TASK: Write only the count of lines that hold the word "below" in the listing.

INFORMATION SHOWN:

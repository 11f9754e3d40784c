-- ===== src/Parser/Rules.antt =====
-- Rules for the loops of the parser, which go on behind a token, and for what the parsers call back.
use lua2wasm.Prelude.{
  ℕ, suc, ◌+◌, ◌≤◌, ◌<◌, length, List, false, leb, ◌≡◌, arith, Bool-cases, inl, inr,
}
use lua2wasm.Lexer.Token.{TokKind}
use lua2wasm.Lexer.Scan.{Token}
use lua2wasm.Parser.Kinds.{same_kind}
use lua2wasm.Parser.Markers.{NotEof, same-NotEof}
use lua2wasm.Parser.State.{
  Action, pure, branch, peek, peek_at, advance, match_kind, if_match, give_up, ◌>>=◌,
}
use lua2wasm.Parser.Calls.{Calls}
use lua2wasm.Parser.Fits.{Follows-trans}
use lua2wasm.Parser.Safe.{
  Ended, Moves-trans, Safe, SafeAt, behind, behind-Follows, Safe-suc, get_elem?-below,
}
use lua2wasm.Parser.Steps.{
  Steps-Safe, Steps-peek_bind, StepsAt-peek_bind, StepsAt-branch, StepsAt-if_kind,
  StepsAt-fail_with, StepsAt-advance, StepsAt-peek_at_bind, StepsAt-weaken,
}

-- The parsers that are called back, from the cursor `lo` on.
pub record CallsSafe {F : Type 0} (toks : List (Token F)) (lo : ℕ) (c : Calls F) : Type 0 where
  pub prec : (n : ℕ) → 0 < n → Safe toks lo (c.parse_prec n)
  pub blk : (stops : List TokKind) → Safe toks lo (c.parse_block stops)

pub CallsSafe-suc :
    {F : Type 0} {toks : List (Token F)} {lo : ℕ} (c : Calls F)
    → CallsSafe toks lo c
    → CallsSafe toks (suc lo) c
CallsSafe-suc c s = record {
  prec = λ n h. Safe-suc (c.parse_prec n) (s.prec n h);
  blk = λ stops. Safe-suc (c.parse_block stops) (s.blk stops);
}

pub Safe-expr_of :
    {F : Type 0} {toks : List (Token F)} {lo : ℕ} (c : Calls F)
    → CallsSafe toks lo c
    → Safe toks lo (c.parse_prec 1)
Safe-expr_of c s = s.prec 1 (omega arith)

pub Safe-block_of :
    {F : Type 0} {toks : List (Token F)} {lo : ℕ} (c : Calls F) (stops : List TokKind)
    → CallsSafe toks lo c
    → Safe toks lo (c.parse_block stops)
Safe-block_of c stops s = s.blk stops

module _ {F : Type 0} {toks : List (Token F)} {lo : ℕ} where
  -- No fuel is needed where no token is left.
  pub Safe-give_up : {A : Type 0} → length toks ≤ lo → Safe toks lo (give_up {F = F} {A = A})
  Safe-give_up e = record { at = λ p h k. absurd (omega arith) }

  pub SafeAt-peek_bind :
      {A : Type 0} (t : Token F) (f : Token F → Action F A)
      → SafeAt toks t lo (f t)
      → SafeAt toks t lo (peek toks >>= f)
  unfolding ◌>>=◌ peek
  SafeAt-peek_bind t f s = record { at = λ p h k e. rw e (s.at p h k e) }

  module _ (ended : Ended toks) where
    pub Safe-if_match :
        {A : Type 0} (k : TokKind) (m n : Action F A)
        → NotEof k
        → Safe toks (suc lo) m
        → Safe toks lo n
        → Safe toks lo (if_match toks k m n)
    unfolding ◌>>=◌ if_match match_kind branch peek pure advance
    Safe-if_match k m n ne sm sn = record {
      at = λ p h l.
          let (t, e) = get_elem?-below toks p.pos l in
          rw e elim (Bool-cases (same_kind t.kind k)) [
            | inl s ↦
                let nt = same-NotEof t.kind k s ne in
                let more = ended.last_is_eof p.pos t e nt.differs in
                rw (s, e)
                  (Moves-trans toks p (behind p) (m (behind p)) (omega arith) (behind-Follows p)
                    (sm.at (behind p) (omega arith) more))
            | inr s ↦ rw s (sn.at p h l)
          ];
    }

    -- Two tokens are read where the second is of a kind that was looked for ahead.
    pub SafeAt-two :
        {A : Type 0} (t : Token F) (k : TokKind) (g : Token F → Action F A) (n : Action F A)
        → NotEof t.kind
        → NotEof k
        → ((a : Token F) → Safe toks lo (g a))
        → Safe toks lo n
        → SafeAt toks t lo (
            peek_at toks 1 >>= λ u.
            branch (same_kind u.kind k) (advance toks >>= λ a. advance toks >>= λ _. g a) n)
    unfolding ◌>>=◌ branch peek_at advance
    SafeAt-two t k g n nt nk sg sn = record {
      at = λ p h l e.
          let more = ended.last_is_eof p.pos t e nt.differs in
          let (u, e') = get_elem?-below toks (p.pos + 1) more in
          let inside : leb (length toks) (p.pos + 1) ≡ false = ground arith in
          rw (inside, e')
            elim (Bool-cases (same_kind u.kind k)) [
              | inl s ↦
                  let nu = same-NotEof u.kind k s nk in
                  let last = ended.last_is_eof (p.pos + 1) u e' nu.differs in
                  rw (s, e, e')
                    (Moves-trans toks p (behind (behind p)) (g t (behind (behind p))) (omega arith)
                      (Follows-trans p (behind p) (behind (behind p)) (behind-Follows p)
                        (behind-Follows (behind p)))
                      ((sg t).at (behind (behind p)) (omega arith) last))
              | inr s ↦ rw s (sn.at p h l)
            ];
    }

pub ruleset steps_rules = (
  Steps-peek_bind, StepsAt-peek_bind, StepsAt-if_kind, StepsAt-fail_with, StepsAt-advance,
  StepsAt-branch, StepsAt-peek_at_bind, StepsAt-weaken,
)

pub ruleset calls_rules = (Safe-expr_of, Safe-block_of, CallsSafe-suc)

ANSWER TO THIS EXERCISE: 3